The paper is concerned with the construction of goodness-of-fit tests for testing a hypothesis \(H_{0}\) that the hypothetical spectral density of a stationary Gaussian process \(X(t)\) has the specified form, based on the tapered data. We show that in the case where the hypothetical spectral density of \(X(t)\) does not depend on unknown parameters (the hypothesis \(H_{0}\) is simple), then the suggested test statistic has a limiting chi-square distribution.
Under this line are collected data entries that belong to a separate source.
-- ===== src/Data/Namelist/Parsing.antt =====
-- Every layout of a namelist parses to its members, and what parses has valid members.
use famepy.Prelude.{
  ℕ, ◌≡◌, refl, sym, ap, ◌∙◌, subst, Bytes, Bool, true, false, Bool-cases, inl, inr, List, [], ◌∷◌,
  ◌++◌, map, All, All-append, reverse-step, ◌==◌, if◌then◌else◌,
}
use mathlib.Core.List.{reverse, reverse-reverse, reverse-cons, append-nil, append_assoc}
use famepy.Errors.{Result, ok, err, data_validation}
use famepy.Data.Namelist.{
  is_blank_byte, strip_left, strip_blanks, all_member_bytes, is_empty_bytes, member_of, add_member,
  members_from, body_members, closed_body, members_of, namelist_members,
}
use famepy.Data.Namelist.Members.{
  Laid, Blanks, IsMember, IsLaid, spelled, laid_rest, laid_text, strip_left-Blanks,
  member_byte-blank, member_byte-comma, blank-comma, all_member_bytes-All, member_of-spelled,
}

-- no byte is a comma
abbrev NoComma : Bytes → Type 0
NoComma bs = All (λ b. (b == b',') ≡ false) bs

All-map : (P Q : ℕ → Type 0) → ((b : ℕ) → P b → Q b) → (bs : Bytes) → All P bs → All Q bs
All-map P Q f [] h = tt
All-map P Q f (b ∷ bs) h = (f b h.0, All-map P Q f bs h.1)

spelled-NoComma : (l : Laid) → IsLaid l → NoComma (spelled l)
spelled-NoComma l (pre, mem, post) =
    All-append _ l.before (l.member ++ l.after) (All-map _ _ blank-comma l.before pre) (
      All-append _ l.member l.after
        (All-map _ _ member_byte-comma l.member (all_member_bytes-All l.member mem.1))
        (All-map _ _ blank-comma l.after post))

-- a part without a comma is read into the current part
members_from-part :
    (part p rest : Bytes)
    → NoComma p
    → members_from part (p ++ rest) ≡ members_from (reverse p ++ part) rest
unfolding members_from
members_from-part part [] rest h = refl
members_from-part part (b ∷ p) rest h = rw h.0 (
    members_from-part (b ∷ part) p rest h.1
    ∙ ap (λ x. members_from x rest) (sym (reverse-step b p part)))

member_of-ended : (l : Laid) → IsLaid l → member_of (reverse (reverse (spelled l))) ≡ ok l.member
member_of-ended l h = ap member_of (reverse-reverse (spelled l)) ∙ member_of-spelled l h

members_from-spelled :
    (l : Laid) (rest : Bytes)
    → IsLaid l
    → members_from [] (spelled l ++ rest) ≡ members_from (reverse (spelled l)) rest
members_from-spelled l rest h =
    members_from-part [] (spelled l) rest (spelled-NoComma l h)
    ∙ ap (λ x. members_from x rest) (append-nil (reverse (spelled l)))

members_from-laid :
    (l : Laid) (ls : List Laid)
    → IsLaid l
    → All IsLaid ls
    → members_from [] (spelled l ++ laid_rest ls) ≡ ok (l.member ∷ map (λ k. k.member) ls)
unfolding laid_rest members_from
members_from-laid l [] h hs =
    members_from-spelled l [] h ∙ ap (λ r. add_member r (ok [])) (member_of-ended l h)
members_from-laid l (k ∷ ks) h hs =
    members_from-spelled l (laid_rest (k ∷ ks)) h
    ∙ ap (λ r. add_member r (members_from [] (spelled k ++ laid_rest ks))) (member_of-ended l h)
    ∙ ap (add_member (ok l.member)) (members_from-laid k ks hs.0 hs.1)

is_empty-append : (bs cs : Bytes) → is_empty_bytes cs ≡ false → is_empty_bytes (bs ++ cs) ≡ false
is_empty-append [] cs h = h
is_empty-append (b ∷ bs) cs h = refl

is_empty-reverse : (bs : Bytes) → is_empty_bytes bs ≡ false → is_empty_bytes (reverse bs) ≡ false
is_empty-reverse [] h = h
is_empty-reverse (b ∷ bs) h =
    ap is_empty_bytes (reverse-cons b bs) ∙ is_empty-append (reverse bs) (b ∷ []) refl

-- a byte that is no blank is not stripped
strip_left-kept :
    (bs cs : Bytes) (b : ℕ)
    → is_blank_byte b ≡ false
    → is_empty_bytes (strip_left (bs ++ (b ∷ cs))) ≡ false
unfolding strip_left
strip_left-kept [] cs b h = rw h refl
strip_left-kept (a ∷ bs) cs b h = elim (Bool-cases (is_blank_byte a)) [
  | inl yes' ↦ rw yes' (strip_left-kept bs cs b h)
  | inr no' ↦ rw no' refl
]

strip_blanks-kept :
    (cs : Bytes) (b : ℕ) → is_blank_byte b ≡ false → is_empty_bytes (strip_blanks (b ∷ cs)) ≡ false
unfolding strip_blanks strip_left
strip_blanks-kept cs b h = rw h (
    is_empty-reverse (strip_left (reverse (b ∷ cs))) (
      ap (λ x. is_empty_bytes (strip_left x)) (reverse-cons b cs)
      ∙ strip_left-kept (reverse cs) [] b h))

strip_blanks-before : (bs cs : Bytes) → Blanks bs → strip_blanks (bs ++ cs) ≡ strip_blanks cs
unfolding strip_blanks
strip_blanks-before bs cs h = ap (λ x. reverse (strip_left (reverse x))) (strip_left-Blanks bs cs h)

member-kept : (m cs : Bytes) → IsMember m → is_empty_bytes (strip_blanks (m ++ cs)) ≡ false
member-kept [] cs h = absurd (refused h.0)
  where
    refused : true ≡ false → ⊥
    refused q = cc
member-kept (b ∷ m) cs h =
    strip_blanks-kept (m ++ cs) b (member_byte-blank b (all_member_bytes-All (b ∷ m) h.1).0)

body-kept :
    (l : Laid) (rest : Bytes) → IsLaid l → is_empty_bytes (strip_blanks (spelled l ++ rest)) ≡ false
body-kept l rest (pre, mem, post) =
    ap (λ x. is_empty_bytes (strip_blanks x))
      (append_assoc l.before (l.member ++ l.after) rest
        ∙ ap (λ x. l.before ++ x) (append_assoc l.member l.after rest))
    ∙ ap is_empty_bytes (strip_blanks-before l.before (l.member ++ (l.after ++ rest)) pre)
    ∙ member-kept l.member (l.after ++ rest) mem

closed_body-closed : (body : Bytes) → closed_body (body ++ (b'}' ∷ [])) ≡ ok body
unfolding closed_body
closed_body-closed [] = refl
closed_body-closed (b ∷ []) = refl
closed_body-closed (b ∷ c ∷ body) =
    ap (λ (r : Result Bytes). elim r [ ok x ↦ ok (b ∷ x) | err e ↦ err e ])
      (closed_body-closed (c ∷ body))

body_members-laid :
    (l : Laid) (ls : List Laid)
    → IsLaid l
    → All IsLaid ls
    → body_members (spelled l ++ laid_rest ls) ≡ ok (l.member ∷ map (λ k. k.member) ls)
unfolding body_members
body_members-laid l ls h hs = rw (body-kept l (laid_rest ls) h) (members_from-laid l ls h hs)

-- However the library lays blanks out around the members of a namelist, its text parses to the
-- members in their order, where each is printable without braces, commas and blanks.
pub namelist_members-laid :
    (l : Laid) (ls : List Laid)
    → IsLaid l
    → All IsLaid ls
    → namelist_members (laid_text l ls) ≡ ok (l.member ∷ map (λ k. k.member) ls)
unfolding namelist_members
namelist_members-laid l ls h hs =
    ap members_of (closed_body-closed (spelled l ++ laid_rest ls)) ∙ body_members-laid l ls h hs

member_of-IsMember : (part m : Bytes) → member_of part ≡ ok m → IsMember m
unfolding member_of
member_of-IsMember part m e = elim (Bool-cases (is_empty_bytes (strip_blanks part))) [
  | inl empty' ↦ absurd (refused (cc (empty', e)))
  | inr kept ↦ elim (Bool-cases (all_member_bytes (strip_blanks part))) [
    | inl valid ↦
        (let q : strip_blanks part ≡ m = cc (kept, valid, e) in subst IsMember q (kept, valid))
    | inr bad ↦ absurd (refused (cc (kept, bad, e)))
  ]
]
  where
    refused : err data_validation ≡ ok m → ⊥
    refused q = cc

abbrev AllMembers : Result (List Bytes) → Type 0
AllMembers (ok ms) = All IsMember ms
AllMembers (err e) = Unit

add_member-AllMembers :
    (part : Bytes) (rest : Result (List Bytes))
    → AllMembers rest
    → AllMembers (add_member (member_of part) rest)
add_member-AllMembers part rest h = go (member_of part) rest refl h
  where
    go :
        (r : Result Bytes) (rest : Result (List Bytes))
        → member_of part ≡ r
        → AllMembers rest
        → AllMembers (add_member r rest)
    go (err e) rest q h = tt
    go (ok m) (err e) q h = tt
    go (ok m) (ok ms) q h = (member_of-IsMember part m q, h)

members_from-AllMembers : (part bs : Bytes) → AllMembers (members_from part bs)
unfolding members_from
members_from-AllMembers part [] = add_member-AllMembers (reverse part) (ok []) tt
members_from-AllMembers part (b ∷ bs) =
    pick (b == b',') (members_from-AllMembers (if b == b',' then [] else b ∷ part) bs)
  where
    pick :
        (comma : Bool)
        → AllMembers (members_from (if comma then [] else b ∷ part) bs)
        → (let again = members_from (if comma then [] else b ∷ part) bs in
            AllMembers (if comma then add_member (member_of (reverse part)) again else again))
    pick true h = add_member-AllMembers (reverse part) _ h
    pick false h = h

members_of-AllMembers : (r : Result Bytes) → AllMembers (members_of r)
unfolding body_members
members_of-AllMembers (err e) = tt
members_of-AllMembers (ok body) = pick (is_empty_bytes (strip_blanks body))
  where
    pick : (b : Bool) → AllMembers (if b then ok [] else members_from [] body)
    pick true = tt
    pick false = members_from-AllMembers [] body

namelist_members-AllMembers : (bs : Bytes) → AllMembers (namelist_members bs)
unfolding namelist_members
namelist_members-AllMembers [] = tt
namelist_members-AllMembers (b ∷ bs) = pick (b == b'{')
  where
    pick : (c : Bool) → AllMembers (if c then members_of (closed_body bs) else err data_validation)
    pick true = members_of-AllMembers (closed_body bs)
    pick false = tt

-- Every member of a text that is accepted is not empty and of printable bytes without braces,
-- commas and blanks.
pub namelist_members-IsMember :
    (bs : Bytes) (ms : List Bytes) → namelist_members bs ≡ ok ms → All IsMember ms
namelist_members-IsMember bs ms e = subst AllMembers e (namelist_members-AllMembers bs)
In the case where the hypothesis \(H_{0}\) is composite, that is, the hypothetical spectral density of \(X(t)\) depends on an unknown parameter, we choose an appropriate estimator for unknown parameter and describe the limiting distribution of the test statistic. This distribution is similar to that of obtained by Chernov and Lehman (Ann. Math. Stat. 25(3):579–586, 1954) in the case of independent observations.

本文关注于拟合假设检验（H_ {0} \）的拟合优度检验的构造，该假设是固定高斯过程\（X（t）\）的假设光谱密度具有指定形式，基于在锥形数据上。我们表明，在假设\（X（t）\）的光谱密度不依赖于未知参数的情况下（假设\（H_ {0} \）很简单），则建议的检验统计量具有局限性平方分布。在假设\（H_ {0} \）是合成的情况下，即\（X（t）\）的假设光谱密度取决于未知参数，我们为未知参数选择合适的估计量，并描述检验统计量的极限分布。在独立观察的情况下，这种分布类似于Chernov和Lehman所获得的分布（Ann。Math。Stat。25（3）：579-586，1954）。